Dataset items
[Start of Attachment]

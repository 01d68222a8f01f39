-- ===== src/Store/Session/Laws.antt =====
-- What the calls of a session leave alone: the rules by which the functions on a connection are
-- shown to touch only the temporary tables, or only what an open transaction can take back.
use semindex.Base.{ℕ, Bool, true, false, Option, none, some, ◌≡◌, refl, ◌∙◌, arith, if◌then◌else◌}
use semindex.Store.Rows.{Db, Staging}
use semindex.Store.Session.{
  World, M, continue, ◌>>=◌, pure, fail, gets, exec_db, exec_staging, exec_read,
}

-- `m` leaves the main tables, the save point and the other writers as they are.
pub record OnlyStaging {A : Type 0} (m : M A) : Type 0 where
  pub db : (w : World) → (m w).1.db ≡ w.db
  pub saved : (w : World) → (m w).1.saved ≡ w.saved
  pub writers : (w : World) → (m w).1.writers ≡ w.writers

-- `m` leaves the save point and the other writers as they are.
pub record Inside {A : Type 0} (m : M A) : Type 0 where
  pub saved : (w : World) → (m w).1.saved ≡ w.saved
  pub writers : (w : World) → (m w).1.writers ≡ w.writers

module _ {A : Type 0} where
  pub OnlyStaging-pure : (a : A) → OnlyStaging (pure a)
  unfolding pure
  OnlyStaging-pure a = record { db = λ w. refl; saved = λ w. refl; writers = λ w. refl }

  pub OnlyStaging-fail : OnlyStaging (fail {A = A})
  unfolding fail
  OnlyStaging-fail = record { db = λ w. refl; saved = λ w. refl; writers = λ w. refl }

  pub OnlyStaging-gets : (f : World → A) → OnlyStaging (gets f)
  unfolding gets
  OnlyStaging-gets f = record { db = λ w. refl; saved = λ w. refl; writers = λ w. refl }

  pub OnlyStaging-if :
      (b : Bool) (m n : M A) → OnlyStaging m → OnlyStaging n → OnlyStaging (if b then m else n)
  OnlyStaging-if true m n k l = k
  OnlyStaging-if false m n k l = l

  pub Inside-of_OnlyStaging : {m : M A} → OnlyStaging m → Inside m
  Inside-of_OnlyStaging k = record { saved = k.saved; writers = k.writers }

pub OnlyStaging-exec_staging :
    (f : Db → Staging → Staging) (count : Staging → ℕ) → OnlyStaging (exec_staging f count)
unfolding exec_staging
OnlyStaging-exec_staging f count = record {
  db = λ w. ground arith;
  saved = λ w. ground arith;
  writers = λ w. ground arith;
}

pub OnlyStaging-exec_read : OnlyStaging exec_read
unfolding exec_read
OnlyStaging-exec_read = record {
  db = λ w. ground arith;
  saved = λ w. ground arith;
  writers = λ w. ground arith;
}

pub Inside-exec_db : (f : Db → Db) → Inside (exec_db f)
unfolding exec_db
Inside-exec_db f = record { saved = λ w. ground arith; writers = λ w. ground arith }

module _ {A B : Type 0} where
  OnlyStaging-continue :
      (r : Option A) (f : A → M B) → ((a : A) → OnlyStaging (f a)) → OnlyStaging (continue r f)
  OnlyStaging-continue none f k = record { db = λ w. refl; saved = λ w. refl; writers = λ w. refl }
  OnlyStaging-continue (some a) f k = k a

  pub OnlyStaging-bind :
      (m : M A) (f : A → M B)
      → OnlyStaging m
      → ((a : A) → OnlyStaging (f a))
      → OnlyStaging (m >>= f)
  unfolding ◌>>=◌
  OnlyStaging-bind m f k l = record {
    db = λ w. let (r, w') = m w in (OnlyStaging-continue r f l).db w' ∙ k.db w;
    saved = λ w. let (r, w') = m w in (OnlyStaging-continue r f l).saved w' ∙ k.saved w;
    writers = λ w. let (r, w') = m w in (OnlyStaging-continue r f l).writers w' ∙ k.writers w;
  }

  Inside-continue : (r : Option A) (f : A → M B) → ((a : A) → Inside (f a)) → Inside (continue r f)
  Inside-continue none f k = record { saved = λ w. refl; writers = λ w. refl }
  Inside-continue (some a) f k = k a

  pub Inside-bind : (m : M A) (f : A → M B) → Inside m → ((a : A) → Inside (f a)) → Inside (m >>= f)
  unfolding ◌>>=◌
  Inside-bind m f k l = record {
    saved = λ w. let (r, w') = m w in (Inside-continue r f l).saved w' ∙ k.saved w;
    writers = λ w. let (r, w') = m w in (Inside-continue r f l).writers w' ∙ k.writers w;
  }

pub Inside-if :
    {A : Type 0} (b : Bool) (m n : M A) → Inside m → Inside n → Inside (if b then m else n)
Inside-if true m n k l = k
Inside-if false m n k l = l

pub ruleset staging_rules = (
  OnlyStaging-pure, OnlyStaging-fail, OnlyStaging-gets, OnlyStaging-if, OnlyStaging-exec_staging,
  OnlyStaging-exec_read, OnlyStaging-bind,
)

pub ruleset inside_rules =
    (staging_rules, Inside-of_OnlyStaging, Inside-exec_db, Inside-bind, Inside-if)
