-- ===== src/Store/Run/Durable.antt =====
-- What is left in the database if the connection ends now, and how each transaction of
-- lib/semindex_index_db/index_db_writer.c changes it.
use semindex.Base.{true, false, Option, none, some, List, ◌∷◌, ◌≡◌, refl, sym, ◌∙◌, arith}
use semindex.Store.Rows.{Db}
use semindex.Store.Session.{
  Saved, World, M, restore, exec_read, begin, commit, rollback_ignored, close,
}
use mathlib.Core.Path.{subst₂}
use semindex.Store.Session.Triple.{
  Triple, Triple-begin, Triple-commit, Triple-exec_read, rollback_ignored_elim, Post,
}
use semindex.Store.Session.Laws.{OnlyStaging}
use semindex.Store.Open.{schema_version}

abbrev durable_of : Option Saved → Db → Db
durable_of none db = db
durable_of (some s) db = s.db

-- The tables that the file holds: those of the last commit.
abbrev pub durable : World → Db
durable w = durable_of w.saved w.db

-- From `d`, with the commits `ws` of other processes still to come, to `e` and those that are left
-- after it, with nothing of this process but an empty schema in a file that had none.
pub data Untouched (d : Db) (ws : List (Db → Db)) : Db → List (Db → Db) → Type 0 where
  same : {e : Db} {rest : List (Db → Db)} → e ≡ d → rest ≡ ws → Untouched d ws e rest
  other :
      {e e' : Db} {rest : List (Db → Db)} (g : Db → Db)
      → Untouched d ws e (g ∷ rest)
      → e' ≡ g e
      → Untouched d ws e' rest
  schema :
      {e e' : Db} {rest : List (Db → Db)}
      → Untouched d ws e rest
      → e.version ≡ 0
      → e.has_tables ≡ false
      → e' ≡ record e { version = schema_version; has_tables = true }
      → Untouched d ws e' rest

module _ {d : Db} {ws : List (Db → Db)} where
  Untouched-eq :
      {e e' : Db} {rest rest' : List (Db → Db)}
      → Untouched d ws e rest
      → e' ≡ e
      → rest' ≡ rest
      → Untouched d ws e' rest'
  Untouched-eq u p q = subst₂ (λ x y. Untouched d ws x y) (sym p) (sym q) u

module _ (d : Db) (ws : List (Db → Db)) where
  -- Whatever happens next, what the connection leaves is untouched, up to this process's commits.
  abbrev pub Held : World → Type 0
  Held w = Untouched d ws (durable w) w.writers

  -- Inside a transaction that can still be taken back.
  pub record InTransaction (w : World) : Type 0 where
    pub point : Saved
    pub saved : w.saved ≡ some point
    pub held : Untouched d ws point.db w.writers

  -- Inside one that has not changed the main tables.
  pub record Opened (w : World) : Type 0 where
    pub point : Saved
    pub saved : w.saved ≡ some point
    pub held : Untouched d ws point.db w.writers
    pub unchanged : w.db ≡ point.db

  pub Held-of_InTransaction : (w : World) → InTransaction w → Held w
  Held-of_InTransaction w t = Untouched-eq t.held (ground (arith, t.saved)) refl

  pub InTransaction-of_Opened : (w : World) → Opened w → InTransaction w
  InTransaction-of_Opened w t = record { point = t.point; saved = t.saved; held = t.held }

  pub Held-begin : Triple Held begin (λ _. Opened) Held
  Held-begin =
      Triple-begin (λ w gs h. h)
        (λ w gs h e. record {
          point = record { db = w.db; staging = w.staging };
          saved = refl;
          held = Untouched-eq h (ground (arith, e)) refl;
          unchanged = refl;
        })
        (λ w gs g rest h e u. record {
          point = record { db = g w.db; staging = w.staging };
          saved = refl;
          held =
              other g (Untouched-eq {e' = w.db} {rest' = g ∷ rest} h (ground (arith, e)) (sym u))
                refl;
          unchanged = refl;
        })

  pub Held-rollback : (w : World) → InTransaction w → Held (rollback_ignored w)
  Held-rollback w t =
      rollback_ignored_elim Held w (λ gs. Held-of_InTransaction w t) (λ gs. rw t.saved t.held)

  pub Held-close : (w : World) → Held w → Held (close w)
  unfolding close
  Held-close w h = closed w.saved refl
    where
      closed : (sv : Option Saved) → w.saved ≡ sv → Held (restore sv w)
      closed none e = h
      closed (some s) e = Untouched-eq h (ground (arith, e)) refl

  either_end :
      {A : Type 0} (r : Option A) (w : World) → Opened w → Post (λ _. Opened) InTransaction r w
  either_end none w t = InTransaction-of_Opened w t
  either_end (some a) w t = t

  pub OnlyStaging-Opened :
      {A : Type 0} {m : M A} → OnlyStaging m → Triple Opened m (λ _. Opened) InTransaction
  OnlyStaging-Opened {m = m} k = record {
    run = λ w t. either_end (m w).0 (m w).1 (record {
      point = t.point;
      saved = k.saved w ∙ t.saved;
      held = Untouched-eq t.held refl (k.writers w);
      unchanged = k.db w ∙ t.unchanged;
    });
  }

  -- A transaction that touches only the temporary tables commits no change of the main ones.
  pub Held-commit : Triple Opened commit (λ _. Held) Held
  Held-commit =
      Triple-commit (λ w gs t. Held-of_InTransaction w (InTransaction-of_Opened w t))
        (λ w gs t. Untouched-eq t.held t.unchanged refl)

  pub Held-exec_read : Triple Held exec_read (λ _. Held) Held
  Held-exec_read = Triple-exec_read (λ w gs h. h) (λ w gs h. h)

  pub Held-OnlyStaging : {A : Type 0} {m : M A} → OnlyStaging m → Triple Held m (λ _. Held) Held
  Held-OnlyStaging {m = m} k = record {
    run = λ w h. held_end (m w).0 (m w).1 (Untouched-eq h (durable_eq w) (k.writers w));
  }
    where
      held_end : {B : Type 0} (r : Option B) (w : World) → Held w → Post (λ _. Held) Held r w
      held_end none w h = h
      held_end (some a) w h = h

      durable_eq : (w : World) → durable (m w).1 ≡ durable w
      durable_eq w = cc (k.saved w, k.db w)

[End of Attachment]

#### [REQUIREMENT]
Return every line above that contains the word "commits".

#### [REPLY]
-- From `d`, with the commits `ws` of other processes still to come, to `e` and those that are left
  -- Whatever happens next, what the connection leaves is untouched, up to this process's commits.
  -- A transaction that touches only the temporary tables commits no change of the main ones.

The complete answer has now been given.